Generated by GPT-5-mini| Hankel transform | |
|---|---|
| Name | Hankel transform |
| Inventor | Hermann Hankel |
| Introduced | 19th century |
| Related | Bessel function, Fourier transform, Laplace transform |
Hankel transform
The Hankel transform is an integral transform involving Bessel functions introduced in the 19th century by Hermann Hankel. It arises in problems with radial symmetry in Germany, in work connected to the Bessel equation and developments contemporaneous with contributors such as Bernhard Riemann, Carl Gustav Jacobi, and George Green. The transform connects to techniques used by practitioners at institutions like the University of Göttingen and the Polytechnic University of Milan and has been applied in contexts ranging from the Royal Society-published studies to modern computational projects at organizations such as NASA and MIT.
The Hankel transform of order ν is defined by an integral pairing with the Bessel function of the first kind J_ν, a special function studied by Friedrich Bessel and expanded in texts by Oliver Heaviside and Lord Kelvin. In classical treatments appearing in works from the Paris Academy of Sciences and lectures at the École Polytechnique, the transform maps radial functions on [0,∞) to radial spectra using kernels tied to the Bessel functions studied by François Arago-era mathematicians. Formal definitions appear in compendia by authors associated with the Cambridge University Press and the American Mathematical Society.
Key properties mirror those of other integral transforms developed in traditions tied to figures like Joseph Fourier and Pierre-Simon Laplace. Properties include linearity, scaling relations, and an inversion formula relying on orthogonality properties first exploited in studies at the Royal Institution and by analysts affiliated with the Königsberg University. Parseval–Plancherel type identities appear in expositions by scholars at the Institute for Advanced Study and in treatises used in curricula at Princeton University.
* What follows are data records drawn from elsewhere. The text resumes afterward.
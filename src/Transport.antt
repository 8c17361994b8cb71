-- ===== src/Transport.antt =====
-- src/transport.rs: the session's configurations, and what is put on and read off the wire.
pub mod Settings
pub mod Wire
Convolution theorems for the transform parallel results appearing in the works of Siméon Denis Poisson and later expositions distributed by Springer.
Connections to the Fourier transform and the Laplace transform are historically traced through correspondences among analysts at the Bourbaki gatherings and seminars influenced by the Institut Henri Poincaré. Radial Fourier transforms in dimensions studied by researchers at the University of Cambridge reduce to Hankel transforms; similar reductions appear in treatises by mathematicians from the University of Oxford and in applied analyses at the Max Planck Society. Links to the Mellin transform and to integral representations encountered in monographs associated with the Society for Industrial and Applied Mathematics illustrate how the transform interfaces with frameworks used by engineers at Bell Labs and scientists at the Lawrence Livermore National Laboratory.
Numerical evaluation methods evolved alongside computational projects at institutions such as IBM and laboratories like Los Alamos National Laboratory. Discrete analogues and fast algorithms draw on methods developed in software by groups at Argonne National Laboratory and libraries originating from research at Courant Institute of Mathematical Sciences. Techniques include quadrature schemes influenced by guidelines from the National Institute of Standards and Technology and fast Hankel transform algorithms inspired by fast Fourier transform implementations at Bell Labs Research and by numerical analysts associated with the University of California, Berkeley.
Applications span wave propagation problems studied at the Jet Propulsion Laboratory, imaging modalities advanced at the Mayo Clinic and the Johns Hopkins Hospital, and scattering theory developed in collaborations involving the European Organization for Nuclear Research and the California Institute of Technology. In geophysics, seismic inversion practitioners at the United States Geological Survey employ Hankel-based methods; in optics, investigations at the Max Planck Institute for the Science of Light and industrial research at Siemens have used related transforms. Remote sensing groups at NOAA and antenna designers at Raytheon use radial spectral tools that invoke Hankel transforms, while mathematical models in plasma physics draw on analyses from the Princeton Plasma Physics Laboratory.
Standard pairs are tabulated in manuals used in courses at Harvard University and in handbooks produced by CRC Press. Typical examples include transforms of power-law functions, exponential decays, and Gaussian profiles, commonly encountered in lectures at the University of Chicago and seminar notes distributed by the Mersenne Research community. Tables presenting transforms and inverse pairs appear in reference works associated with the Wiley publishing program and in technical reports from Stanford University.